# Best Album?



## youmustfindthejademonkey (Apr 28, 2009)

Hey guys. Whats your best album to listen to while high? Obviously it comes down to personal prefernce but yeah. It has to be a whole album from start to finish.

Right now im listening to the white album. and its fucking crazy. 

whats yours?


----------



## Marinastoken (Apr 29, 2009)

Pink Floyd's Dark Side Of The Moon is AMAZING. Crazy trip. 
Young Jeezy-Any album
Notorious BIG-Ready To Die
Bob Marley-Any of his glorious albums


----------



## Big Joop (Apr 29, 2009)

Boards of Canada - Acid Memories
Cut Copy - In Ghost Coulors


----------



## motorboater (Apr 29, 2009)

Niandra Lades and Usually Just a T-Shirt - John Frusciante

straight up avant-garde madness


----------



## BackDoorMan (Apr 30, 2009)

here lately i'm having trouble starting and finishing an album... I like to hear the new shit thats comming out.. problem is, most bands have a few good songs, one or two to an album, and the rest is filler.. and usually the good one's ar ballads.. like seether has some really good music.. but there's a few songs that leave me feeling like I've drank an old soda.. 

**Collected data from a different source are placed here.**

-- ===== src/Impact/Routes.antt =====
-- The routes that the search finds are routes, and all of them where no limit was met.
use soroban_upgrades.Base.{
  String, ◌≡◌, ◌≢◌, refl, sym, subst, ap, ◌∙◌, ◌↔◌, ◌⊎◌, inl, inr, List, [], ◌∷◌, ◌++◌, In,
}
use mathlib.Core.List.{append-nil, append_assoc}
use soroban_upgrades.Base.Order.{string_ord, list_ord}
use soroban_upgrades.Base.BTreeSet
use soroban_upgrades.Base.BTreeSet.{BTreeSet}
use soroban_upgrades.Artifact.{TypeReference}
use soroban_upgrades.Report.{ImpactStep, step_ord}
use soroban_upgrades.Impact.{Pending, step_of, follow, start}
use soroban_upgrades.Impact.Push.{IsEdge, Round, hit, skip, expand}

module _ (references : List TypeReference) (target_type : String) where
  -- `steps` leads from `current` to the target along edges of the specification, stops at the target
  -- as soon as it is there, and enters no type of `active` and none twice.
  abbrev pub Leads : (active : BTreeSet String) (current : String) → List ImpactStep → Type 0
  Leads active current [] = current ≡ target_type
  Leads active current (s ∷ steps) =
      (current ≢ target_type)
      × (¬ In current active)
      × ((e : TypeReference) × IsEdge references target_type current e × (s ≡ step_of e))
      × Leads (BTreeSet.insert current active) s.target_type steps

  module _ (root_type : String) where
    -- A route without repetition from the root to the target.
    abbrev pub IsRoute : List ImpactStep → Type 0
    IsRoute steps = Leads [] root_type steps

    -- `route` goes on from an entry of the stack.
    abbrev pub Waits : List Pending → List ImpactStep → Type 0
    Waits pending route =
        (q : Pending) × (steps : List ImpactStep) × In q pending
        × Leads q.active_types q.current steps
        × (route ≡ q.steps ++ steps)

    pub record IsExact (pending : List Pending) (result : BTreeSet (List ImpactStep)) : Type 0 where
      pub recorded : (r : List ImpactStep) → In r result → IsRoute r
      pub extends :
          (q : Pending) (steps : List ImpactStep)
          → In q pending
          → Leads q.active_types q.current steps
          → IsRoute (q.steps ++ steps)
      pub complete : (r : List ImpactStep) → IsRoute r → In r result ⊎ Waits pending r

    module _ (p : Pending) (rest : List Pending) (result : BTreeSet (List ImpactStep))
        (pending : List Pending) (result' : BTreeSet (List ImpactStep))
        (h : IsExact (p ∷ rest) result) where
      -- The target is reached: the steps are a route, and no other route goes on from here.
      IsExact-hit :
          p.current ≡ target_type
          → pending ≡ rest
          → result' ≡ BTreeSet.insert p.steps result
          → IsExact pending result'
      IsExact-hit at e r = record {
        recorded = λ s m. elim ((BTreeSet.In-insert s p.steps result).0 (subst (In s) r m)) [
          | inl same ↦ subst IsRoute (append-nil p.steps ∙ sym same) (h.extends p [] (inl refl) at)
          | inr old ↦ h.recorded s old
        ];
        extends = λ q steps m. h.extends q steps (inr (subst (In q) e m));
        complete = λ s route. elim (h.complete s route) [
          | inl old ↦ inl (subst (In s) (sym r) ((BTreeSet.In-insert s p.steps result).1 (inr old)))
          | inr (q, [], inl same, leads, eq) ↦ inl (
              subst (In s) (sym r) (
                (BTreeSet.In-insert s p.steps result).1
                  (inl (eq ∙ append-nil q.steps ∙ ap (λ (x : Pending). x.steps) same))))
          | inr (q, t ∷ steps, inl same, leads, eq) ↦
              absurd (leads.0 (ap (λ (x : Pending). x.current) same ∙ at))
          | inr (q, steps, inr m, leads, eq) ↦ inr (q, steps, subst (In q) (sym e) m, leads, eq)
        ];
      }

      -- The type is on its own route already: no route goes on from here.
      IsExact-skip :
          p.current ≢ target_type
          → In p.current p.active_types
          → pending ≡ rest
          → result' ≡ result
          → IsExact pending result'
      IsExact-skip other again e r = record {
        recorded = λ s m. h.recorded s (subst (In s) r m);
        extends = λ q steps m. h.extends q steps (inr (subst (In q) e m));
        complete = λ s route. elim (h.complete s route) [
          | inl old ↦ inl (subst (In s) (sym r) old)
          | inr (q, [], inl same, leads, eq) ↦
              absurd (other (sym (ap (λ (x : Pending). x.current) same) ∙ leads))
          | inr (q, t ∷ steps, inl same, leads, eq) ↦
              absurd
                (leads.1 (subst (λ (x : Pending). In x.current x.active_types) (sym same) again))
          | inr (q, steps, inr m, leads, eq) ↦ inr (q, steps, subst (In q) (sym e) m, leads, eq)
        ];
      }

      -- The edges out of the type: every route that goes on from here takes one of them.
      IsExact-expand :
          p.current ≢ target_type
          → ¬ In p.current p.active_types
          → ((q : Pending)
              → In q pending ↔ (
                  In q rest
                  ⊎ ((e : TypeReference) × IsEdge references target_type p.current e
                      × (q ≡ follow p.steps (BTreeSet.insert p.current p.active_types) e))))
          → result' ≡ result
          → IsExact pending result'
      IsExact-expand other new members r = record {
        recorded = λ s m. h.recorded s (subst (In s) r m);
        extends = λ q steps m leads. elim ((members q).0 m) [
          | inl old ↦ h.extends q steps (inr old) leads
          | inr (e, edge, same) ↦ extended e edge q same steps leads
        ];
        complete = λ s route. elim (h.complete s route) [
          | inl old ↦ inl (subst (In s) (sym r) old)
          | inr (q, steps, inl same, leads, eq) ↦ inr (
              opened s steps
                (subst (λ (x : Pending). Leads x.active_types x.current steps) same leads)
                (eq ∙ ap (λ (x : Pending). x.steps ++ steps) same))
          | inr (q, steps, inr m, leads, eq) ↦ inr (q, steps, (members q).1 (inl m), leads, eq)
        ];
      }
        where
          active : BTreeSet String
          active = BTreeSet.insert p.current p.active_types

          extended :
              (e : TypeReference)
              → IsEdge references target_type p.current e
              → (q : Pending) → q ≡ follow p.steps active e
              → (steps : List ImpactStep) → Leads q.active_types q.current steps
              → IsRoute (q.steps ++ steps)
          extended e edge q same steps leads =
              subst (λ (x : Pending). IsRoute (x.steps ++ steps)) (sym same)
                (subst IsRoute (sym (append_assoc p.steps (step_of e ∷ []) steps)) (
                  h.extends p (step_of e ∷ steps) (inl refl) (
                    other,
                    new,
                    (e, edge, refl),
                    subst (λ (x : Pending). Leads x.active_types x.current steps) same leads,
                  )))

          opened :
              (s steps : List ImpactStep)
              → Leads p.active_types p.current steps
              → s ≡ p.steps ++ steps
              → Waits pending s
          opened s [] leads eq = absurd (other leads)
          opened s (t ∷ steps) (ne, fresh, (e, edge, same), leads) eq = (
            follow p.steps active e,
            steps,
            (members (follow p.steps active e)).1 (inr (e, edge, refl)),
            subst (λ (x : ImpactStep). Leads active x.target_type steps) same leads,
            eq
                ∙ ap (λ (x : ImpactStep). p.steps ++ x ∷ steps) same
                ∙ sym (append_assoc p.steps (step_of e ∷ []) steps),
          )

      pub IsExact-Round :
          Round references target_type p rest result pending result' → IsExact pending result'
      IsExact-Round (hit at e r) = IsExact-hit at e r
      IsExact-Round (skip other again e r) = IsExact-skip other again e r
      IsExact-Round (expand other new members r) = IsExact-expand other new members r

    -- Before the first round every route waits at the root.
    pub IsExact-start : IsExact (start root_type ∷ []) []
    IsExact-start = record {
      recorded = λ r m. absurd m;
      extends = λ q steps m leads. elim m [
        | inl same ↦
            subst (λ (x : Pending). IsRoute (x.steps ++ steps)) (sym same)
              (subst (λ (x : Pending). Leads x.active_types x.current steps) same leads)
        | inr i ↦ absurd i
      ];
      complete = λ r route. inr (start root_type, r, inl refl, route, refl);
    }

I really enjoy the end of all things to come album by mudvayne.. a very great album.. prolly one of the more under-appreciated albums of my time.. every song is better than the last, and none of them really sound teh same from start to finish.. I posted about the bandin another thread dedicated to their memorey (they still make music, just their sound died...) if you havent heard it and you're able to be open minded about music and metal.. you can appreciate their talent.. unlike any other band i've heard


----------



## chitownsmoking (Apr 30, 2009)

twista... adrenaline rush,


----------



## fdd2blk (Apr 30, 2009)

Led Zeppelin
song remains the same 




[youtube]FgHSk91RhL8[/youtube]


----------



## DownOnWax (Apr 30, 2009)

*The Stooges*- _Fun House_

*Johnny Cash*- _At Folsom Prison_

*Red Hot Chili Peppers*_- Uplift Mofo Party Plan_

This is right now but I constantly change what I listen to


----------



## Bud Frosty (Apr 30, 2009)

*Alice Cooper*

*Welcome To My Nightmare*


----------



## Cheech Wizard (Apr 30, 2009)

Rolling Stones - Get Your Ya yas Out
Pink Floyd - Meddle
Neil Young - After The Goldrush
Bob Marley- Catch a Fire
Congos- Heart of the Congos

Those are a few albums I consider to be truly amazing


----------



## motorboater (Apr 30, 2009)

fdd2blk said:


> Led Zeppelin
> song remains the same
> 
> 
> ...


oh hell yes!

great album

Rain Song ftw


----------



## Dr Greene (Apr 30, 2009)

Best album from beginning to end for me is a tie between _Against the Grain_ by Bad Religion and _The Number of the Beast_ by Iron Maiden


----------



## marijaneindeed (Apr 30, 2009)

BEST ALBUM EVER IS "EAST 1999 ETERNAL" BY BONE THUGS-N-HARMONY!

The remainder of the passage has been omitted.